Graffiti+Rio+Ment
Hoje é Dia do Graffiti, como falamos ontem, e não poderíamos deixar passar em branco já que a street-art vem ganhando cada vez mais espaço nas ruas do Rio e nossos artistas sendo associados ao mood carioca. Para marcar a data, conversamos com Marcelo Ment que, há mais de 10 anos, desenha pelos muros da cidade. Conhecido da Zona Norte à Zona Sul, Ment fala sem censuras e avisa. “Moramos em uma cidade riquíssima culturalmente e é preciso que nós cariocas passemos a dar mais valor ao que temos”.
IB - Antes, o graffiti era uma arte mais associada a São Paulo e, com o tempo, vem ganhando espaço no Rio. Por que você acha que o número de grafiteiros (ou street artists) está aumentando no Rio?
MM - O Rio de Janeiro, até o começo dos anos 90, não tinha graffiti nas ruas. Esse crescimento acontece em todos os centros urbanos e nossa cidade está em evidência. Com a explosão da internet, a abertura e aceitação que a cidade dá ao graffiti em geral faz com que um número cada vez maior de artistas,desenhistas, designers etc., queiram se arriscar a pintar na rua, onde um número imenso de pessoas tem contato mais direto do que em outras linguagens e suportes.
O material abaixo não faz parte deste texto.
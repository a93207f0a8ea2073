-- ===== src/Vm/Types.antt =====
-- crates/meow-vm-types/src/types.rs and natives.rs: types, values and struct schemas.
use meow.Base.{ℕ, String, Bool, List}
use meow.Types.Primitives.{Address}

-- `VmType` is the source's `Type`; a name of its own, since `Type` is the universe here.
mutual
  pub data VmType : Type 0 where
    bool u64 address str : VmType
    struct : String → VmType
    tuple : VmTypes → VmType

  pub data VmTypes : Type 0 where
    nil : VmTypes
    cons : VmType → VmTypes → VmTypes

mutual
  pub data Value : Type 0 where
    bool : Bool → Value
    u64 : ℕ → Value
    address : Address → Value
    str : String → Value
    void : Value
    struct : String → Fields → Value
    tuple : Values → Value

  pub data Values : Type 0 where
    nil : Values
    cons : Value → Values → Values

  pub data Fields : Type 0 where
    end : Fields
    field : String → Value → Fields → Fields

pub record FieldDef : Type 0 where
  pub name : String
  pub ty : VmType

pub record StructDef : Type 0 where
  pub name : String
  pub fields : List FieldDef
  pub is_public : Bool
IB – E como você começou a fazer grafitti?
MM -Sempre gostei de desenhar e desde criança tive contato com a arte, através dos meus irmãos. Era viciado em gibis e quadrinhos e, com meus amigos skatistas, vi as primeiras imagens de graffiti e da cultura de rua nas estampas das roupas, nos desenhos nas madeiras, e nos vídeos com as pistas grafitadas. Daí passei a fazer desenhos de personagens e letras e em 1998 comecei a pintar nas ruas.
IB - Qual o melhor roteiro de lugares para quem quer conhecer o grafitti carioca?
MM -Acho a Lapa é essencial, Santa Teresa, Tijuca, Méier… Não quero excluir esse ou aquele bairro, mas não temos muitas produções, como chamamos muros grandes em que vários artistas se reúnem. É possível encontrar ótimas pinturas onde menos se imagina e isso é só o começo.
- Holanda
- Ment e Big (Ipanema)
- "Cartola" por Ment
- Ment e Kendo (Brasília)
IB - E quais artistas são fundamentais na arte local?
MM - Temos vários, e alguns são grandes amigos, então fico em uma situação difícil!. O Eco, por ser pioneiro e estar em atividade constante, o Swk de Santa Teresa, os grupos Nação e Fleshbeck, só pra citar alguns.
IB - Aliás, o que é indispensável para ser um artista relevante?
MM - A busca por sua identidade, estar sempre buscando novas referencias e indo pra rua pintar. E não adianta querer conquistar respeito de um dia pro outro. Me orgulho muito de ter pinturas por vários locais da cidade da Zona Norte à Zona Sul, algumas com 4 ou 5 anos intactas, sem uma pichação.
O respeito das ruas é essencial, muito mais que o sucesso comercial. Sem demagogia ou hipocrisia. Vivo da minha arte e é preciso que as pessoas gostem do que faço, mas essa não é a minha prioridade ou foco principal, quero continuar pintando e aprendendo cada vez mais.